By using our designs and products, you can rest assured that you’ve built your dock just like we would have and you can count on years of trouble free service.. We are proud to say that, after many years of designing and building docks, we have never had a design turned down by any national, state or local agency. Generally you can build your own dock for about half of what it would cost built and installed by a contractor. You purchase the treated wood locally so that freight costs can be minimized.

You will first want to decide if any of our typical designs fit your needs. If you find one that fits your needs, we will be happy to provide a current bill-of-materials including quantities and current pricing for each dock part or kit.

If you wish to build a custom dock, contact us for a scale drawing with bill-of-materials.

Even more complex designs can still be supplied in kit form. Although there may be a small charge to create scale drawings and BOM’s for your project, our standard is to credit this charge back when you order the parts.

In addition to your drawings and bill-of-materials, we also send you complete instructions for building the modules and then installing your dock.



When building a wood dock, the expected life is hard to predict particularly with the EPA’s changing wood treatment requirements and chemicals. Using vinyl decking and vinyl facia adds years to the life of the dock as well as improving the appearance and minimizing maintenance. Although each circumstance is different, you can usually expect to spend in the vicinity of 75% more for a vinyl dock.

If you have the tools necessary to build a typical deck, you will likely have everything you need to build your own dock. You might want to consider the borrowing, renting or purchasing the following tools for installation, however:

  • Post pounder for installing pipes
  • Floats when installing fixed piers
  • Recommended bits for installing vinyl
  • Reciprocating saw with metal blades for cutting pipe

In addition to vinyl decking and facia, you may want to consider other options such as low voltage lighting or vinyl railing for special conditions. Whereas railing is often an obstruction on a dock, it is preferable under certain conditions.

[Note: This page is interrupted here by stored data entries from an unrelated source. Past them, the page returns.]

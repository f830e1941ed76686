-- ===== src/Mesh/Receive.antt =====
-- A frame from the radio: `dispatch` of meshtastenstein-core/src/domain/handlers/from_radio/mod.rs,
-- in the order of its layers. The decisions on relaying are those of Relay, decryption that of
-- Message.
pub mod Quiet
use meshtastenstein_rs.Base.{
  ℕ, ◌+◌, ◌-◌, ◌%◌, min, Bool, true, false, ◌&&◌, ◌||◌, not, Option, none, some, List, [], ◌∷◌,
  ◌==◌, ltb, leb, if◌then◌else◌, is_some, length,
}
use meshtastenstein_rs.Packet.{
  Header, RadioFrame, frame_header, hop_limit, hop_start, want_ack, is_for_us,
}
use meshtastenstein_rs.NodeDb.{NodeEntry, NodeDb, get, modify, touch, max_nodes}
use meshtastenstein_rs.Router.{DeviceRole}
use meshtastenstein_rs.Radio.{region_from_proto}
use meshtastenstein_rs.Relay.{
  RelayState, implicit_ack, filter_layer, relay_layer, maybe_relay_opaque,
}
use meshtastenstein_rs.Message.{DecodedPayload, DecryptOutcome, try_decrypt_and_decode}
use meshtastenstein_rs.Storage.{Flash, add}
use meshtastenstein_rs.Proto.{PortNum, RoutingError, Wire}
use meshtastenstein_rs.Mesh.{Moment, MeshCtx, tx_allowed_polite}
use meshtastenstein_rs.Mesh.Send.{
  PacketForwardArgs, forward_to_ble, notify_ble_node_update, send_nodeinfo, send_routing_ack,
  send_routing_error,
}
use meshtastenstein_rs.Mesh.Admin.{on_node_db, admin_dispatch}
use meshtastenstein_rs.Mesh.Ports.{
  InboundPacket, is_throttled, handle_routing, handle_position, handle_telemetry,
  handle_neighbor_info, handle_traceroute, handle_node_info,
}

-- `RadioMetadata`, as bit patterns
pub record RadioMetadata : Type 0 where
  pub snr : ℕ
  pub rssi : ℕ

-- how far the packet came, unless the numbers contradict each other
unfoldable pub hops_travelled : Header → Option ℕ
hops_travelled h =
    if ltb 0 (hop_start h) && leb (hop_limit h) (hop_start h)
    then some (hop_start h - hop_limit h)
    else none

-- `matches!(role, Router | RouterLate)`
unfoldable pub keeps_quiet : DeviceRole → Bool
keeps_quiet DeviceRole.router = true
keeps_quiet DeviceRole.router_late = true
keeps_quiet DeviceRole.client = false
keeps_quiet DeviceRole.client_mute = false
keeps_quiet DeviceRole.client_hidden = false
keeps_quiet DeviceRole.router_client = false
keeps_quiet DeviceRole.repeater = false
keeps_quiet (DeviceRole.other n) = false

unfoldable pub is_text : PortNum → Bool
is_text PortNum.text_message_app = true
is_text PortNum.text_message_compressed_app = true
is_text other = false

unfoldable pub is_admin : PortNum → Bool
is_admin PortNum.admin_app = true
is_admin other = false

unfoldable pub inbound_packet : ℕ → Header → DecodedPayload → ℕ → InboundPacket
inbound_packet our h d snr = record {
  sender = h.sender;
  packet_id = h.packet_id;
  relay_node = h.relay_node;
  inner_payload = d.inner_payload;
  addressed_to_us = is_for_us our h;
  want_response = d.want_response;
  request_id = d.request_id;
  reply_id = d.reply_id;
  emoji = d.emoji;
  channel_idx = d.channel_index;
  snr = snr;
}

unfoldable pub forward_args : Header → DecodedPayload → RadioMetadata → PacketForwardArgs
forward_args h d meta = record {
  header = h;
  channel_index = d.channel_index;
  portnum = d.portnum;
  inner_payload = d.inner_payload;
  reply_id = d.reply_id;
  emoji = d.emoji;
  snr = meta.snr;
  rssi = meta.rssi;
}

module _ {P M : Type 0} where
  -- whether the database has a user for the sender
  unfoldable pub knows_user : ℕ → NodeDb P M → Bool
  knows_user n db = elim (get n db) [ none ↦ false | some e ↦ is_some e.user ]

  -- the entry of the sender, with the distance
  unfoldable pub touch_sender : ℕ → ℕ → Header → NodeDb P M → NodeDb P M
  touch_sender now snr h db =
      modify h.sender (λ e. record e { hops_away = hops_travelled h })
        (touch h.sender 0 (some snr) now db)

module _ {P M F : Type 0} where
  -- the part of the state that the relay decisions change
  unfoldable pub relay_state : MeshCtx P M F → RelayState
  relay_state ctx = record { router = ctx.router; pending = ctx.pending_rebroadcast }

  unfoldable pub with_relay : MeshCtx P M F → RelayState → MeshCtx P M F
  with_relay ctx s = record ctx { router = s.router; pending_rebroadcast = s.pending }

  -- Layer 0
  unfoldable pub own_packet : Header → MeshCtx P M F → MeshCtx P M F
  own_packet h ctx = record ctx { pending_packets = implicit_ack h.packet_id ctx.pending_packets }

module _ {P M F : Type 0} (w : Wire P M) (t : Moment) where
  unfoldable pub maybe_request_nodeinfo : Header → MeshCtx P M F → MeshCtx P M F
  maybe_request_nodeinfo h ctx =
      let region = region_from_proto w.region_of ctx.device.region in
      if keeps_quiet ctx.device.role
        || leb max_nodes (length ctx.node_db.nodes)
        || is_throttled t.now ctx.last_nodeinfo_tx
        || not (tx_allowed_polite w.floats ctx.channel_metrics region)
        || ltb (min (ctx.device.default_hops + 2) 255) (hop_start h - hop_limit h)
      then ctx
      else record (send_nodeinfo w h.sender true ctx) { last_nodeinfo_tx = some t.now }

  -- the sender enters the database, and the phone and the sender are told, if it is new
  unfoldable pub meet_sender : RadioMetadata → Header → MeshCtx P M F → MeshCtx P M F
  meet_sender meta h ctx =
      let is_new_node = not (is_some (get h.sender ctx.node_db)) in
      let touched = on_node_db (touch_sender t.now meta.snr h) ctx in
      let notified = if is_new_node then notify_ble_node_update w h.sender touched else touched in
      if knows_user h.sender notified.node_db then notified else maybe_request_nodeinfo h notified

  -- a packet that could not be decoded
  unfoldable pub undecoded : RadioFrame → Header → DecryptOutcome → MeshCtx P M F → MeshCtx P M F
  undecoded frame h (DecryptOutcome.decoded d) ctx = ctx
  undecoded frame h DecryptOutcome.pki_unknown_pubkey ctx = send_nodeinfo w h.sender false (
      if want_ack h
      then send_routing_error w h.sender h.packet_id RoutingError.pki_unknown_pubkey ctx
      else ctx)
  undecoded frame h DecryptOutcome.dropped ctx =
      if not (h.destination == ctx.device.my_node_num)
      then with_relay ctx (
          maybe_relay_opaque t.now t.delay frame h ctx.device.my_node_num ctx.device.role
            (relay_state ctx))
      else ctx

  -- the acknowledgement of a packet for this node alone
  unfoldable pub acknowledge : Header → DecodedPayload → MeshCtx P M F → MeshCtx P M F
  acknowledge h d ctx =
      if h.destination == ctx.device.my_node_num && want_ack h
      then send_routing_ack w h.sender h.packet_id d.channel_index ctx
      else ctx

  -- Layer 3
  unfoldable pub relay : RadioFrame → Header → MeshCtx P M F → MeshCtx P M F
  relay frame h ctx =
      with_relay ctx
        (relay_layer t.now t.delay frame h ctx.device.my_node_num ctx.device.role (relay_state ctx))

  -- the copy for the phone
  unfoldable pub forward : Header → DecodedPayload → RadioMetadata → MeshCtx P M F → MeshCtx P M F
  forward h d meta ctx =
      if (not (is_admin (w.port_of d.portnum)) || not (is_for_us ctx.device.my_node_num h))
        && ctx.ble_connected
      then forward_to_ble w (forward_args h d meta) ctx
      else ctx

module _ {P M F : Type 0} (w : Wire P M) (nor : Flash F) (t : Moment) where
  -- a text message is kept for the phone that is away
  unfoldable pub keep_text : RadioFrame → DecodedPayload → MeshCtx P M F → MeshCtx P M F
  keep_text frame d ctx =
      if is_text (w.port_of d.portnum) && not ctx.ble_connected
      then record ctx { storage = add nor frame ctx.storage }
      else ctx

  -- Layer 2
  unfoldable pub handle_port : PortNum → InboundPacket → MeshCtx P M F → MeshCtx P M F
  handle_port PortNum.position_app pkt ctx = handle_position w pkt ctx
  handle_port PortNum.nodeinfo_app pkt ctx = handle_node_info w t pkt ctx
  handle_port PortNum.routing_app pkt ctx = handle_routing w pkt ctx
  handle_port PortNum.admin_app pkt ctx =
      if pkt.addressed_to_us
      then admin_dispatch w nor t pkt.sender pkt.packet_id pkt.inner_payload true ctx
      else ctx
  handle_port PortNum.telemetry_app pkt ctx = handle_telemetry w pkt ctx
  handle_port PortNum.traceroute_app pkt ctx = handle_traceroute w pkt ctx
  handle_port PortNum.neighborinfo_app pkt ctx = handle_neighbor_info w pkt ctx
  handle_port other pkt ctx = ctx

  -- a new packet, from the entry of the sender in the database to the rebroadcast
  unfoldable pub process :
      RadioFrame → Header → RadioMetadata → DecodedPayload → MeshCtx P M F → MeshCtx P M F
  process frame h meta d ctx =
      let met = meet_sender w t meta h ctx in
      let kept = keep_text frame d met in
      let handled =
        handle_port (w.port_of d.portnum) (inbound_packet kept.device.my_node_num h d meta.snr)
          kept in
      relay w t frame h (acknowledge w t h d (forward w t h d meta handled))

  -- a decoded packet: Layer 1, and the rest if the filter lets it through
  unfoldable pub receive_decoded :
      RadioFrame → Header → RadioMetadata → DecodedPayload → MeshCtx P M F → MeshCtx P M F
  receive_decoded frame h meta d ctx =
      let (s, goes_on) =
        filter_layer frame h ctx.device.my_node_num ctx.device.role (relay_state ctx) in
      if goes_on then process frame h meta d (with_relay ctx s) else with_relay ctx s

  unfoldable pub receive_foreign :
      RadioFrame → Header → RadioMetadata → DecryptOutcome → MeshCtx P M F → MeshCtx P M F
  receive_foreign frame h meta (DecryptOutcome.decoded d) ctx = receive_decoded frame h meta d ctx
  receive_foreign frame h meta other ctx = undecoded w t frame h other ctx

  unfoldable pub receive : RadioFrame → RadioMetadata → MeshCtx P M F → MeshCtx P M F
  receive frame meta ctx = elim (frame_header frame) [
    | none ↦ ctx
    | some h ↦
        if h.sender == ctx.device.my_node_num
        then own_packet h ctx
        else receive_foreign frame h meta
            (try_decrypt_and_decode w.protocol frame h ctx.device ctx.node_db ctx.pkc_priv_bytes)
            ctx
  ]
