-- ===== src/Mesh/Transmit.antt =====
-- A packet from the phone: `transmit_from_ble_packet` of
-- meshtastenstein-core/src/domain/handlers/from_app/mod.rs, and `portnum_allows_pkc` of
-- domain/crypto_pkc.rs.
pub mod Told
pub mod Outcome
use meshtastenstein_rs.Base.{
  ℕ, ◌+◌, ◌%◌, min, Bool, true, false, ◌&&◌, ◌||◌, not, Option, none, some, List, [], ◌∷◌, ◌==◌,
  leb, if◌then◌else◌, is_some, length, any, push,
}
use meshtastenstein_rs.Packet.{RadioFrame, broadcast_addr}
use meshtastenstein_rs.NodeDb.{NodeDb, has_pub_key}
use meshtastenstein_rs.Router.Reliable.{PendingPacket, queue_size, want_ack_timeout_ms}
use meshtastenstein_rs.Channels.{max_channels}
use meshtastenstein_rs.Device.{DeviceState, next_packet_id}
use meshtastenstein_rs.Message.{Data, TxBuilder, max_hop_limit, build, pub_key_of}
use meshtastenstein_rs.Session.{same_bytes}
use meshtastenstein_rs.Storage.{Flash}
use meshtastenstein_rs.Proto.{PortNum, RoutingError, MeshPacket, Wire}
use meshtastenstein_rs.Mesh.{Moment, MeshCtx}
use meshtastenstein_rs.Mesh.Send.{
  builder, send_frame, send_ble_routing_result, send_ble_routing_ack,
}
use meshtastenstein_rs.Mesh.Admin.{position_bytes_of, admin_dispatch}

-- constants.rs: one past the last channel
abbrev pub pkc_channel_index : ℕ
pkc_channel_index = max_channels

abbrev pub num_reliable_retx : ℕ
num_reliable_retx = 3

unfoldable pub portnum_allows_pkc : PortNum → Bool
portnum_allows_pkc PortNum.traceroute_app = false
portnum_allows_pkc PortNum.nodeinfo_app = false
portnum_allows_pkc PortNum.routing_app = false
portnum_allows_pkc PortNum.position_app = false
portnum_allows_pkc other = true

-- whether the phone asks for public-key encryption
unfoldable pub wants_pkc : MeshPacket → Bool
wants_pkc pkt = pkt.channel == pkc_channel_index

unfoldable pub channel_idx_of : MeshPacket → ℕ
channel_idx_of pkt = if wants_pkc pkt then 0 else pkt.channel % 256

-- How a packet may go out: `plain` under a channel's key, `sealed` under the receiver's, not at
-- all, or not at all with an error for the phone.
pub data Permit : Type 0 where
  plain : Permit
  sealed : Permit
  refused : Permit
  reported : RoutingError → Permit

-- `stored != pkt.public_key.as_slice()`, for a stored key
unfoldable pub is_other_key : List ℕ → Option (List ℕ) → Bool
is_other_key key none = false
is_other_key key (some stored) = not (same_bytes stored key)

unfoldable pub pkc_permit : {P M : Type 0} → MeshPacket → PortNum → NodeDb P M → List ℕ → Permit
pkc_permit {P} {M} pkt port db priv_bytes =
    if not (portnum_allows_pkc port)
    then Permit.refused
    else if pkt.to == broadcast_addr || pkt.to == 0
    then Permit.refused
    else if length pkt.public_key == 32 && is_other_key pkt.public_key (pub_key_of pkt.to db)
    then Permit.reported RoutingError.pki_failed
    else if not (has_pub_key db pkt.to) || not (any (λ b. not (b == 0)) priv_bytes)
    then Permit.reported RoutingError.pki_send_fail_public_key
    else Permit.sealed

unfoldable pub permit : {P M : Type 0} → MeshPacket → PortNum → NodeDb P M → List ℕ → Permit
permit {P} {M} pkt port db priv_bytes =
    if leb max_channels (channel_idx_of pkt) && not (wants_pkc pkt)
    then Permit.refused
    else if wants_pkc pkt
    then pkc_permit pkt port db priv_bytes
    else Permit.plain

module _ {P M : Type 0} (w : Wire P M) where
  unfoldable pub is_text_message : Data → Bool
  is_text_message d = d.portnum == w.port_code PortNum.text_message_app

  -- whether the mesh is asked for an acknowledgement
  unfoldable pub ota_want_ack : MeshPacket → Data → Bool
  ota_want_ack pkt d = (pkt.want_ack || is_text_message d) && not (pkt.to == broadcast_addr)

  unfoldable pub app_builder : MeshPacket → Data → TxBuilder
  app_builder pkt d = record (builder w) {
    dest = pkt.to;
    portnum = d.portnum;
    inner_payload = d.inner_payload;
    channel_idx = some (channel_idx_of pkt);
    want_ack = pkt.want_ack || is_text_message d;
    request_id = d.request_id;
    reply_id = d.reply_id;
    emoji = d.emoji;
    hop_limit = some (min (pkt.hop_limit % 256) max_hop_limit);
  }

-- a command that is for this node
unfoldable pub is_local_admin : MeshPacket → PortNum → ℕ → Bool
is_local_admin pkt PortNum.admin_app our = pkt.to == our || pkt.to == broadcast_addr || pkt.to == 0
is_local_admin pkt other our = false

-- the payload of a position is kept for later broadcasts
unfoldable pub kept_position : PortNum → List ℕ → List ℕ → List ℕ
kept_position PortNum.position_app bytes before = position_bytes_of bytes
kept_position other bytes before = before

-- the state and the id under which the packet goes out
unfoldable pub chosen_id : MeshPacket → DeviceState → DeviceState × ℕ
chosen_id pkt device = if not (pkt.id == 0) then (device, pkt.id) else next_packet_id device

unfoldable pub ack_dest : ℕ → ℕ → ℕ
ack_dest from our = if from == 0 then our else from

unfoldable pub ack_entry : ℕ → RadioFrame → ℕ → ℕ → ℕ → ℕ → PendingPacket
ack_entry now frame packet_id dest our notify = record {
  frame = frame;
  packet_id = packet_id;
  dest = dest;
  sender = our;
  deadline = now + want_ack_timeout_ms;
  retries_left = num_reliable_retx;
  is_our_packet = true;
  ble_notify = some notify;
}

module _ {P M F : Type 0} (w : Wire P M) where
  -- the position and the packet id are noted before it is decided whether the packet goes out
  unfoldable pub prepared : MeshPacket → Data → MeshCtx P M F → MeshCtx P M F
  prepared pkt d ctx = record ctx {
    device = (chosen_id pkt ctx.device).0;
    my_position_bytes = kept_position (w.port_of d.portnum) d.inner_payload ctx.my_position_bytes;
  }

module _ {P M F : Type 0} (w : Wire P M) (t : Moment) where
  -- the packet is tracked until it is acknowledged, or the phone is told at once
  unfoldable pub track : MeshPacket → PendingPacket → ℕ → MeshCtx P M F → MeshCtx P M F
  track pkt entry dest ctx = elim (push queue_size entry ctx.pending_packets) [
    | some grown ↦ record ctx { pending_packets = grown }
    | none ↦ send_ble_routing_ack w dest pkt.id ctx
  ]

  -- a frame that was built
  unfoldable pub send_built : MeshPacket → Data → ℕ → RadioFrame → MeshCtx P M F → MeshCtx P M F
  send_built pkt d packet_id frame ctx =
      let dest = ack_dest pkt.from ctx.device.my_node_num in
      let entry = ack_entry t.now frame packet_id pkt.to ctx.device.my_node_num dest in
      if ota_want_ack w pkt d
      then send_frame (some frame) (track pkt entry dest ctx)
      else send_ble_routing_ack w dest pkt.id (send_frame (some frame) ctx)

  unfoldable pub send_or_drop :
      MeshPacket → Data → ℕ → Option RadioFrame → MeshCtx P M F → MeshCtx P M F
  send_or_drop pkt d packet_id none ctx = ctx
  send_or_drop pkt d packet_id (some frame) ctx = send_built pkt d packet_id frame ctx

  -- the frame, under a channel's key or under the receiver's
  unfoldable pub transmit_with :
      MeshPacket → Data → ℕ → Option (List ℕ × ℕ) → MeshCtx P M F → MeshCtx P M F
  transmit_with pkt d packet_id pkc_keys ctx =
      send_or_drop pkt d packet_id
        (build w.protocol (app_builder w pkt d) ctx.device ctx.node_db packet_id pkc_keys) ctx

  unfoldable pub act_on : Permit → MeshPacket → Data → ℕ → MeshCtx P M F → MeshCtx P M F
  act_on Permit.plain pkt d packet_id ctx = transmit_with pkt d packet_id none ctx
  act_on Permit.sealed pkt d packet_id ctx =
      transmit_with pkt d packet_id (some (ctx.pkc_priv_bytes, t.extra_nonce)) ctx
  act_on Permit.refused pkt d packet_id ctx = ctx
  act_on (Permit.reported error) pkt d packet_id ctx =
      send_ble_routing_result w pkt.to pkt.id error ctx

  -- a packet that goes to the mesh
  unfoldable pub transmit_data : MeshPacket → Data → MeshCtx P M F → MeshCtx P M F
  transmit_data pkt d ctx =
      act_on (permit pkt (w.port_of d.portnum) ctx.node_db ctx.pkc_priv_bytes) pkt d
        (chosen_id pkt ctx.device).1 (prepared w pkt d ctx)

module _ {P M F : Type 0} (w : Wire P M) (nor : Flash F) (t : Moment) where
  -- a command of the phone for this node, and the confirmation that it arrived
  unfoldable pub run_local_admin : MeshPacket → Data → MeshCtx P M F → MeshCtx P M F
  run_local_admin pkt d ctx =
      let done = admin_dispatch w nor t pkt.from pkt.id d.inner_payload false ctx in
      if pkt.want_ack then send_ble_routing_ack w pkt.from pkt.id done else done

  -- `none` is a packet whose payload is not `Decoded`
  unfoldable pub transmit_decoded : MeshPacket → Option Data → MeshCtx P M F → MeshCtx P M F
  transmit_decoded pkt none ctx = ctx
  transmit_decoded pkt (some d) ctx =
      if is_local_admin pkt (w.port_of d.portnum) ctx.device.my_node_num
      then run_local_admin pkt d ctx
      else transmit_data w t pkt d ctx

  unfoldable pub transmit_from_ble_packet : MeshPacket → MeshCtx P M F → MeshCtx P M F
  transmit_from_ble_packet pkt ctx = transmit_decoded pkt pkt.decoded ctx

Occasionally the question arises about using a wood frame underneath the vinyl and “is the wood the weak link in the design”. From a practical standpoint, over the years we have found that, 1.) The wood that most often fails on a deck or dock is the decking and railing (not the structure) and 2. The fact that the framing (joists, etc.) is structurally sound and can be re-covered after the decking has failed indicates that the framing is much longer lasting than the other boards. Adding galvanized steel bracketing to the structural equation, it is easy to understand how this design can be expected to provide many additional years of service.